*** Opening of EXTRACTED RECORDS ***

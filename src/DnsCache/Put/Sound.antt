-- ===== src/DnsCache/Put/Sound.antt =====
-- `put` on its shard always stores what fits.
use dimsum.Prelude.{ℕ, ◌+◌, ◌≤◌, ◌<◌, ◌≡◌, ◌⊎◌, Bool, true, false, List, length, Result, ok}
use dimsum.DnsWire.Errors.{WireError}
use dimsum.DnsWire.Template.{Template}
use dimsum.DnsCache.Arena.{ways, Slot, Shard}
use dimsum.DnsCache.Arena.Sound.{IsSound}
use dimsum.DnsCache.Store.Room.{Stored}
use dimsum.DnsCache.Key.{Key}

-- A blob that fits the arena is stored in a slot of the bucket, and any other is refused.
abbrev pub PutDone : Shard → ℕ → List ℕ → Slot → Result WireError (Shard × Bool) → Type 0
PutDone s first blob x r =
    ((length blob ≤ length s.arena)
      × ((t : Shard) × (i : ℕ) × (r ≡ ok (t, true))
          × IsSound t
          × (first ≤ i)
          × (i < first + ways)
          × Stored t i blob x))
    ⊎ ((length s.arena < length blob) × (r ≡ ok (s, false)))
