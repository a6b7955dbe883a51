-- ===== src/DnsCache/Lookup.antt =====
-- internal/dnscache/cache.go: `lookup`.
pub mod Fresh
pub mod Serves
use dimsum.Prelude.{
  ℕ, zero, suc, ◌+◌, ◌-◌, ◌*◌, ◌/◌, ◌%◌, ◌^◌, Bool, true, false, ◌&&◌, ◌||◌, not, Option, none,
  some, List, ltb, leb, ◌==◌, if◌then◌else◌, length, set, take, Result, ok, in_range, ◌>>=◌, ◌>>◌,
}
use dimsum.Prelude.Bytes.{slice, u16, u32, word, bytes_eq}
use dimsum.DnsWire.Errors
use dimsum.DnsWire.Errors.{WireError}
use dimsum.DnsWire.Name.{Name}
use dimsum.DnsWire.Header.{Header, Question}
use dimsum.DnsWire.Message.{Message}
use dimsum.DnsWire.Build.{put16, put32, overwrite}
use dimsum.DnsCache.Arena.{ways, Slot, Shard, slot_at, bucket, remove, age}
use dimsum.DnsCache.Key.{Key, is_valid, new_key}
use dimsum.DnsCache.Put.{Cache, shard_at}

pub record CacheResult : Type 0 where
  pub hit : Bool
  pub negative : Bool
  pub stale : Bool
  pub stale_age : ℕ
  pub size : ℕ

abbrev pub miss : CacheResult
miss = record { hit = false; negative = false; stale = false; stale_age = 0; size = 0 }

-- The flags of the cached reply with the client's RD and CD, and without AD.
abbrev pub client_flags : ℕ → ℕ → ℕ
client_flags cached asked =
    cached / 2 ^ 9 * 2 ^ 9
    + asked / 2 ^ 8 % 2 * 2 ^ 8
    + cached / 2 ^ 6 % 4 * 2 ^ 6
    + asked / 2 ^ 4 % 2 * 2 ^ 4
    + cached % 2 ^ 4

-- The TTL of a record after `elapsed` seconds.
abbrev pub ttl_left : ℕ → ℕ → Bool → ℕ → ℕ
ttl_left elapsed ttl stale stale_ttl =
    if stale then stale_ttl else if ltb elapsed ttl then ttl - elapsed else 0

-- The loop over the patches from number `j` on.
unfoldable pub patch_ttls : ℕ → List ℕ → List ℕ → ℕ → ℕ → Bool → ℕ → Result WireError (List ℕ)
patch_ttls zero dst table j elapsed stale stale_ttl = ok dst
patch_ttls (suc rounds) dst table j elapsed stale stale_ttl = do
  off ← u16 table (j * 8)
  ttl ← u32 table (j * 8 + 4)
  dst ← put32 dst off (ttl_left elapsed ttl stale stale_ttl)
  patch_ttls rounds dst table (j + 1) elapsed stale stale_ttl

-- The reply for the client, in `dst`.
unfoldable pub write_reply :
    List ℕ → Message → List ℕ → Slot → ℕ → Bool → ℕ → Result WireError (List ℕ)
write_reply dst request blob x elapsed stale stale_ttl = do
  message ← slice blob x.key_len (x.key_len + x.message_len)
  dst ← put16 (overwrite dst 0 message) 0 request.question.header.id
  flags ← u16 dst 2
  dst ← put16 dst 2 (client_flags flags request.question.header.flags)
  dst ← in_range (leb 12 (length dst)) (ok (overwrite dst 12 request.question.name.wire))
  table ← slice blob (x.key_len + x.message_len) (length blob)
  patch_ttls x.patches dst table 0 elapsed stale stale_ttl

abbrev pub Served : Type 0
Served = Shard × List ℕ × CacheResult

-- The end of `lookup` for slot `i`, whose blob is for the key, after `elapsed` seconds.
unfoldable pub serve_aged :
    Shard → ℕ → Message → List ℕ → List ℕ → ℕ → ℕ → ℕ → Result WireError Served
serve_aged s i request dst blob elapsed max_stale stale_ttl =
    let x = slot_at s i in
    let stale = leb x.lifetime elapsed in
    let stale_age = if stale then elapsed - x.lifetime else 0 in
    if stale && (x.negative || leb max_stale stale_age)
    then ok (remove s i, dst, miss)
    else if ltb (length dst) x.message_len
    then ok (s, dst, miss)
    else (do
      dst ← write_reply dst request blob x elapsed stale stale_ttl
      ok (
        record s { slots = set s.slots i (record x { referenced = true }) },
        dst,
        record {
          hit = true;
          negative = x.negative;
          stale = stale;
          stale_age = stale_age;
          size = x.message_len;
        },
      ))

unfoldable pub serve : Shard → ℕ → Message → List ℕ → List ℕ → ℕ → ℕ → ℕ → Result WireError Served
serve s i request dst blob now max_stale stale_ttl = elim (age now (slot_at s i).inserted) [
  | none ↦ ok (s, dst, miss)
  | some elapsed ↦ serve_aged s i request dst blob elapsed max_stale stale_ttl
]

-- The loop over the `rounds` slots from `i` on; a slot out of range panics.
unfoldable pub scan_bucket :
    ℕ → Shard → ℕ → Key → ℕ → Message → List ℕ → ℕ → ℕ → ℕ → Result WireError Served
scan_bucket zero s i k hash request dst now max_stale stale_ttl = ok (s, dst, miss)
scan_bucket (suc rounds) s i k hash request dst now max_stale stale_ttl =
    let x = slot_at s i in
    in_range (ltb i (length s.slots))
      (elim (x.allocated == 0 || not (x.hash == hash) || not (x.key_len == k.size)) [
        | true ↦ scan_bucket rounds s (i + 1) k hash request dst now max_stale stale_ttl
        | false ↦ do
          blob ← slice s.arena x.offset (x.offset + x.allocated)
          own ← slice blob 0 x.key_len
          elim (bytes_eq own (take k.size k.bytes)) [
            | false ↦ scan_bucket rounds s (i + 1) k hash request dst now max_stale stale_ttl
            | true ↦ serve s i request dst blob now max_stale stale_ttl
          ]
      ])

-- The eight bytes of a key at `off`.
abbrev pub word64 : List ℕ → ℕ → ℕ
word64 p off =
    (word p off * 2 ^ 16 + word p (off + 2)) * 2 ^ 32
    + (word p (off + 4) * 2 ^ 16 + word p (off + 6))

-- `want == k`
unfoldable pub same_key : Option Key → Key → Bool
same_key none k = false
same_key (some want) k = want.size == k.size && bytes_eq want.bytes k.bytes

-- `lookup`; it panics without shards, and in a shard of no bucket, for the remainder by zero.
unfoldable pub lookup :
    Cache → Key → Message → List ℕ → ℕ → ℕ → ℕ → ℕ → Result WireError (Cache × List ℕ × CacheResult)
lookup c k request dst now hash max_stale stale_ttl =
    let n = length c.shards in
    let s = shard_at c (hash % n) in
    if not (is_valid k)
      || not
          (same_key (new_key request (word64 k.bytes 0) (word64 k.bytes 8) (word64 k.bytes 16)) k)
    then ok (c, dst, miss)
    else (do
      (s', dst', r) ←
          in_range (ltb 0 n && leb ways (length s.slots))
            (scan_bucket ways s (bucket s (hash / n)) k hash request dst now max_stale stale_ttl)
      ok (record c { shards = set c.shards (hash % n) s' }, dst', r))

*** Close of EXTRACTED RECORDS ***

YOUR GOAL:
From the entries above, print the lines beginning at the one with "PutDone s first" and stopping after the one with "cached / 2 ^ 9 * 2 ^ 9", exactly as written and with nothing else.

EXERCISE ANSWER:
PutDone s first blob x r =
    ((length blob ≤ length s.arena)
      × ((t : Shard) × (i : ℕ) × (r ≡ ok (t, true))
          × IsSound t
          × (first ≤ i)
          × (i < first + ways)
          × Stored t i blob x))
    ⊎ ((length s.arena < length blob) × (r ≡ ok (s, false)))
repository a6b7955dbe883a51
-- ===== src/DnsCache/Lookup.antt =====
-- internal/dnscache/cache.go: `lookup`.
pub mod Fresh
pub mod Serves
use dimsum.Prelude.{
  ℕ, zero, suc, ◌+◌, ◌-◌, ◌*◌, ◌/◌, ◌%◌, ◌^◌, Bool, true, false, ◌&&◌, ◌||◌, not, Option, none,
  some, List, ltb, leb, ◌==◌, if◌then◌else◌, length, set, take, Result, ok, in_range, ◌>>=◌, ◌>>◌,
}
use dimsum.Prelude.Bytes.{slice, u16, u32, word, bytes_eq}
use dimsum.DnsWire.Errors
use dimsum.DnsWire.Errors.{WireError}
use dimsum.DnsWire.Name.{Name}
use dimsum.DnsWire.Header.{Header, Question}
use dimsum.DnsWire.Message.{Message}
use dimsum.DnsWire.Build.{put16, put32, overwrite}
use dimsum.DnsCache.Arena.{ways, Slot, Shard, slot_at, bucket, remove, age}
use dimsum.DnsCache.Key.{Key, is_valid, new_key}
use dimsum.DnsCache.Put.{Cache, shard_at}

pub record CacheResult : Type 0 where
  pub hit : Bool
  pub negative : Bool
  pub stale : Bool
  pub stale_age : ℕ
  pub size : ℕ

abbrev pub miss : CacheResult
miss = record { hit = false; negative = false; stale = false; stale_age = 0; size = 0 }

-- The flags of the cached reply with the client's RD and CD, and without AD.
abbrev pub client_flags : ℕ → ℕ → ℕ
client_flags cached asked =
    cached / 2 ^ 9 * 2 ^ 9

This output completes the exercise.